[Saved data entries]
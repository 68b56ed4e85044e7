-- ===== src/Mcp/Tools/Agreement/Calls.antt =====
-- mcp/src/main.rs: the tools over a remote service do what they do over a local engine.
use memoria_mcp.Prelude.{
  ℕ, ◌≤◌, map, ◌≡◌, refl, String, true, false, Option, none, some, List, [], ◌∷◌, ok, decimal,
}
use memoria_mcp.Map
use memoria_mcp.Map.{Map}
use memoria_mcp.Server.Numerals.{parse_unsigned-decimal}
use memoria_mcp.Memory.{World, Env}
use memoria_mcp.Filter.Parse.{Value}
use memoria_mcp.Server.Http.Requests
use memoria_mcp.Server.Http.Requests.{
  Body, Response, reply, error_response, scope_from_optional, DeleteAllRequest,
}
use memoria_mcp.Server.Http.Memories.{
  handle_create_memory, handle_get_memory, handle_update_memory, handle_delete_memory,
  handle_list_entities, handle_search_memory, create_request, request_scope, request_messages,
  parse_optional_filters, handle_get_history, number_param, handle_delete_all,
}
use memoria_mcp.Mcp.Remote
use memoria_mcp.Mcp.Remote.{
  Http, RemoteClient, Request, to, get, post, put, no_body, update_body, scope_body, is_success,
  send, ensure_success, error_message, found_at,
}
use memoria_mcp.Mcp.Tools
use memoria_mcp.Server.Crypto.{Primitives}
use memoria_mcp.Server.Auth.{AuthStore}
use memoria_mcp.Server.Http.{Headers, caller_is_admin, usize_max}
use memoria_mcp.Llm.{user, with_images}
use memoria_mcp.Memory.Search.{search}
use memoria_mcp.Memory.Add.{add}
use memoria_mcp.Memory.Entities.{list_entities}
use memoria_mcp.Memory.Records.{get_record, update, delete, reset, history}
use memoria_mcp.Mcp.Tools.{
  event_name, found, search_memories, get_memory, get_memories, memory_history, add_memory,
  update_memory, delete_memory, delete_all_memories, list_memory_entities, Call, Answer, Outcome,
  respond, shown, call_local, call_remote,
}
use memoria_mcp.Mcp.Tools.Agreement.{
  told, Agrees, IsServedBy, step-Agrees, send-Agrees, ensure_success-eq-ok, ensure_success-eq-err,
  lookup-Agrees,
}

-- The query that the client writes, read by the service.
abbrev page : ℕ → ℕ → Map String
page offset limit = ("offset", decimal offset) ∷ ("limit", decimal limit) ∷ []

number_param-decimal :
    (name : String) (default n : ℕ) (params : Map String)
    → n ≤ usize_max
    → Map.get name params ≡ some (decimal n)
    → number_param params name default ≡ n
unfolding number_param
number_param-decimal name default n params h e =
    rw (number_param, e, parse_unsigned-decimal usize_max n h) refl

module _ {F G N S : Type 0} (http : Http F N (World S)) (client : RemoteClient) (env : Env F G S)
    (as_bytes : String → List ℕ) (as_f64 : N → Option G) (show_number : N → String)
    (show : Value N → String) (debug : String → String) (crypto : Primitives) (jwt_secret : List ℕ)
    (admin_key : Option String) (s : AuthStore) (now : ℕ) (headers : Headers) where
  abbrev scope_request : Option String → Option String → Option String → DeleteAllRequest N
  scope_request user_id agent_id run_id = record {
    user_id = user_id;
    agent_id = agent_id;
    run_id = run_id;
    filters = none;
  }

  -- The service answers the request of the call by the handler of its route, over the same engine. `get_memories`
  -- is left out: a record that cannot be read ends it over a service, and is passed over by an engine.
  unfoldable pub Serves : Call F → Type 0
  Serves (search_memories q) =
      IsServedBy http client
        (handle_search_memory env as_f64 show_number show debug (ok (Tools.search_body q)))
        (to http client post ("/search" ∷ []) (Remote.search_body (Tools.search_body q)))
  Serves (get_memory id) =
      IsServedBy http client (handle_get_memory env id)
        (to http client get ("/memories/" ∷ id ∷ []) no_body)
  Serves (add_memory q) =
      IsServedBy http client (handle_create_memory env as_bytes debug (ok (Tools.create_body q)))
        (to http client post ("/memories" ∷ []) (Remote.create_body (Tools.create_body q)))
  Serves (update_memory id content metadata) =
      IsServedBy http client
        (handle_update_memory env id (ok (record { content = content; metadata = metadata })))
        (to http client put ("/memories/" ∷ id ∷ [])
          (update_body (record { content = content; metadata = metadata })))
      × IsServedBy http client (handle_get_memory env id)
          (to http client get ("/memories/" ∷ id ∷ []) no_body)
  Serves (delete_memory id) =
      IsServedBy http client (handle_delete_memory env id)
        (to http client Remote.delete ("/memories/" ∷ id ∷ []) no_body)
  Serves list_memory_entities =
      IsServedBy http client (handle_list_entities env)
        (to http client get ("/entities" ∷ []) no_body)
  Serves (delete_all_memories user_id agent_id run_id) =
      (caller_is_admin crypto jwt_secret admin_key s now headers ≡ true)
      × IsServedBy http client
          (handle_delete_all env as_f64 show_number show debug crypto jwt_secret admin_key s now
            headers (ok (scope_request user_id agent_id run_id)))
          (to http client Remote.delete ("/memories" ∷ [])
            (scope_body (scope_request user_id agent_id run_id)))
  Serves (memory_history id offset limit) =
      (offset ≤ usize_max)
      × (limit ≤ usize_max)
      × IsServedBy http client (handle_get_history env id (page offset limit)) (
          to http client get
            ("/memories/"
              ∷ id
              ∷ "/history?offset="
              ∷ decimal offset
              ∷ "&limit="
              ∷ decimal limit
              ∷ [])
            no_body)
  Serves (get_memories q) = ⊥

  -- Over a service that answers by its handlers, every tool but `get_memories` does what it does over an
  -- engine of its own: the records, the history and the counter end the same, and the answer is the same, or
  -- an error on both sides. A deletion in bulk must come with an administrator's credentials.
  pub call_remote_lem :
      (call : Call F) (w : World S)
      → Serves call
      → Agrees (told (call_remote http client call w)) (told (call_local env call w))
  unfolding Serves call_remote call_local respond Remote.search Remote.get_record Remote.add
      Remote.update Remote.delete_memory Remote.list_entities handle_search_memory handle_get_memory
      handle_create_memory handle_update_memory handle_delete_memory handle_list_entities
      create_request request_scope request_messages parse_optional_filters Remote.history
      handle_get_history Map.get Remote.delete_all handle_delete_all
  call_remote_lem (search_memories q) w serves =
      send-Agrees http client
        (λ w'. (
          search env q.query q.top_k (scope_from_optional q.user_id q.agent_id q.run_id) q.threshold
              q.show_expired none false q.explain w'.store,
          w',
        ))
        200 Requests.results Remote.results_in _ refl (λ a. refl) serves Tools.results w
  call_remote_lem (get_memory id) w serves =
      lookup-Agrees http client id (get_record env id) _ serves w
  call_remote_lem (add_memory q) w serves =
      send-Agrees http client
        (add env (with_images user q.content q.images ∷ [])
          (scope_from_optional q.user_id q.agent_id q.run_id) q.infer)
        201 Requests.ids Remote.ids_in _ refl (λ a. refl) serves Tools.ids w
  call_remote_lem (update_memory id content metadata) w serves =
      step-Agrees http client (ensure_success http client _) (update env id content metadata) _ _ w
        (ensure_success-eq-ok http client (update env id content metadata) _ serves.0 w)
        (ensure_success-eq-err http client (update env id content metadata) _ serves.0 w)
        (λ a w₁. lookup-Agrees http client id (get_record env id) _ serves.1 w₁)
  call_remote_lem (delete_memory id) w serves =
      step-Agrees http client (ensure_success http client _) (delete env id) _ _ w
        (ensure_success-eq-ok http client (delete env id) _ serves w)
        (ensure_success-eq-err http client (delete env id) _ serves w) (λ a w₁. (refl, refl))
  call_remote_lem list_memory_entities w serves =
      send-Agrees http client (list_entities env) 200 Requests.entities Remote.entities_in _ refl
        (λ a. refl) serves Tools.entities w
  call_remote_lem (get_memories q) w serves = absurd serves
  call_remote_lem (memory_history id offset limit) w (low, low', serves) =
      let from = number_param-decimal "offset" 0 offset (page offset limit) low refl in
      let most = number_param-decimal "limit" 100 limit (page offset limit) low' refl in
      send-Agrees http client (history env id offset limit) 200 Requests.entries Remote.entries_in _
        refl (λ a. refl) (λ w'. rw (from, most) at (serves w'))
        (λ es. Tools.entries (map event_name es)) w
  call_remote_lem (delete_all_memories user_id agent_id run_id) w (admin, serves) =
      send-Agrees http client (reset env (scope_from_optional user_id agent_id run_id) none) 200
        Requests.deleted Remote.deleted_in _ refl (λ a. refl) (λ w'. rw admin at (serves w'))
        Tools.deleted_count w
--
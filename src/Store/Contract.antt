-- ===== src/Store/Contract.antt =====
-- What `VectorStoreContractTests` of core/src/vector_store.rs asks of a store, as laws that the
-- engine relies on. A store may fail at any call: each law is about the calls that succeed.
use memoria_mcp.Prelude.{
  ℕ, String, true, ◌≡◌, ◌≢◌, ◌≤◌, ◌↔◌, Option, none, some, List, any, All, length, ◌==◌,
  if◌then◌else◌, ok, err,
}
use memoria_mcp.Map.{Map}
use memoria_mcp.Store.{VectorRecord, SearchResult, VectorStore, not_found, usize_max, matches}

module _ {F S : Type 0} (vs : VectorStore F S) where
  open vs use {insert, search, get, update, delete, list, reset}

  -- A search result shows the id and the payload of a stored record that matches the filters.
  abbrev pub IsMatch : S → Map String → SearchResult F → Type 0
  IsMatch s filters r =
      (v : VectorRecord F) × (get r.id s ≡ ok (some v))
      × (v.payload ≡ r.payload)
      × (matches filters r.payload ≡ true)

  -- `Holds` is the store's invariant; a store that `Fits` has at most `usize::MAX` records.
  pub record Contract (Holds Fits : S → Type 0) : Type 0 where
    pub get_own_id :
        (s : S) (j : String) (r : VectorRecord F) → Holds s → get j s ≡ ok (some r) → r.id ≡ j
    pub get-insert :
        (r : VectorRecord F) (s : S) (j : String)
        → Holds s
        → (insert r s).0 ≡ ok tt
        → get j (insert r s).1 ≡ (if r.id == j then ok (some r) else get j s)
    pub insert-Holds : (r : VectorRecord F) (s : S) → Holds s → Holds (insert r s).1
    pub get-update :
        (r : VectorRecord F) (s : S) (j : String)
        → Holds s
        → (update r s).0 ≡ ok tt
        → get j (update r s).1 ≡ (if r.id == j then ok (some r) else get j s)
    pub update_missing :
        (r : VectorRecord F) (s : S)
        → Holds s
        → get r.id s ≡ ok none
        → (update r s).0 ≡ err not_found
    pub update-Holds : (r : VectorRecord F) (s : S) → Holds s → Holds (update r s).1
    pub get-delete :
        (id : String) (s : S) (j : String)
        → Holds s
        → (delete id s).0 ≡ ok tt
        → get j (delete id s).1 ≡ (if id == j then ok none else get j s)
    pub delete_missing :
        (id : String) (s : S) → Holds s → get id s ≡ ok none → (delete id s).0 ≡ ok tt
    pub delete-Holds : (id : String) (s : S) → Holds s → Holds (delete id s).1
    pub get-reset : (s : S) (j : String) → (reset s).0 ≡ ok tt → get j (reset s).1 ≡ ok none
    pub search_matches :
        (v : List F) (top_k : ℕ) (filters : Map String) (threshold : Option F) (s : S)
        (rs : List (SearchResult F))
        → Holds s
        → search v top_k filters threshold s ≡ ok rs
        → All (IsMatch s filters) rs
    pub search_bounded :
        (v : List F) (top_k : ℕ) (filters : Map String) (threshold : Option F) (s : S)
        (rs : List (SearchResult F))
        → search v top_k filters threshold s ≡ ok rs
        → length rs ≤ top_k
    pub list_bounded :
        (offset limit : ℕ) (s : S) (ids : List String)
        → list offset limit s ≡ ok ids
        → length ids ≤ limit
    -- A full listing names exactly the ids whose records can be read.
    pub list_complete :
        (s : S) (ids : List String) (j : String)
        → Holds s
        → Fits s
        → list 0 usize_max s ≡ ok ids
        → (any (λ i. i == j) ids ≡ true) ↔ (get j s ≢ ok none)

TRY IT:
Go line by line through the data and copy any that contain "most".

RESPONSE TO THE EXERCISE:
      let most = number_param-decimal "limit" 100 limit (page offset limit) low' refl in
        refl (λ a. refl) (λ w'. rw (from, most) at (serves w'))
  -- `Holds` is the store's invariant; a store that `Fits` has at most `usize::MAX` records.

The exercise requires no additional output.